Saved data entries
########

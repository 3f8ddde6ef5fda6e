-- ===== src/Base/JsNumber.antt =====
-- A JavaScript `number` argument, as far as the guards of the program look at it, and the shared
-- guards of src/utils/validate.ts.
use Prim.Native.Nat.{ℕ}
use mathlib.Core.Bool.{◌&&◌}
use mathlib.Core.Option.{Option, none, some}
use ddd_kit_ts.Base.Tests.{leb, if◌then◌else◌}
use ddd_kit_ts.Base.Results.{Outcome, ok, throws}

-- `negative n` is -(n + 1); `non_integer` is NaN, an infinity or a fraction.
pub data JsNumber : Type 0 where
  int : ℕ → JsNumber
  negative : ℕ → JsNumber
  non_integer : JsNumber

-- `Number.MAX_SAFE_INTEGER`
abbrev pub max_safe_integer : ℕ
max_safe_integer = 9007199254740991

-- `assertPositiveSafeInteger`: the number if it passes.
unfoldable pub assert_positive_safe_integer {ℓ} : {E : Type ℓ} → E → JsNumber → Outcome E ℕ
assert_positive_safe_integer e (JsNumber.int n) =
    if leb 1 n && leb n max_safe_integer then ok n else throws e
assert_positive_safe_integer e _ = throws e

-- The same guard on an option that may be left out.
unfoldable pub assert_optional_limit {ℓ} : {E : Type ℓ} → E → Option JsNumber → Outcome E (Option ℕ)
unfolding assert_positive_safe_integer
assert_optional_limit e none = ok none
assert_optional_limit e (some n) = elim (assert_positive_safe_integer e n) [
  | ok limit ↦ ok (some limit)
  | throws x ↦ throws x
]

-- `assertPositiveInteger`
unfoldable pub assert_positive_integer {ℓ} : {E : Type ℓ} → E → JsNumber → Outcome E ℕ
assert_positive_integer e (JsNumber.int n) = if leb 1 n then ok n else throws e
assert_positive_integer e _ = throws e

########

WHAT YOU SHOULD DO:
Return all lines from the data that include the string "guards".

RESPONSE TO THIS TASK:
-- A JavaScript `number` argument, as far as the guards of the program look at it, and the shared
-- guards of src/utils/validate.ts.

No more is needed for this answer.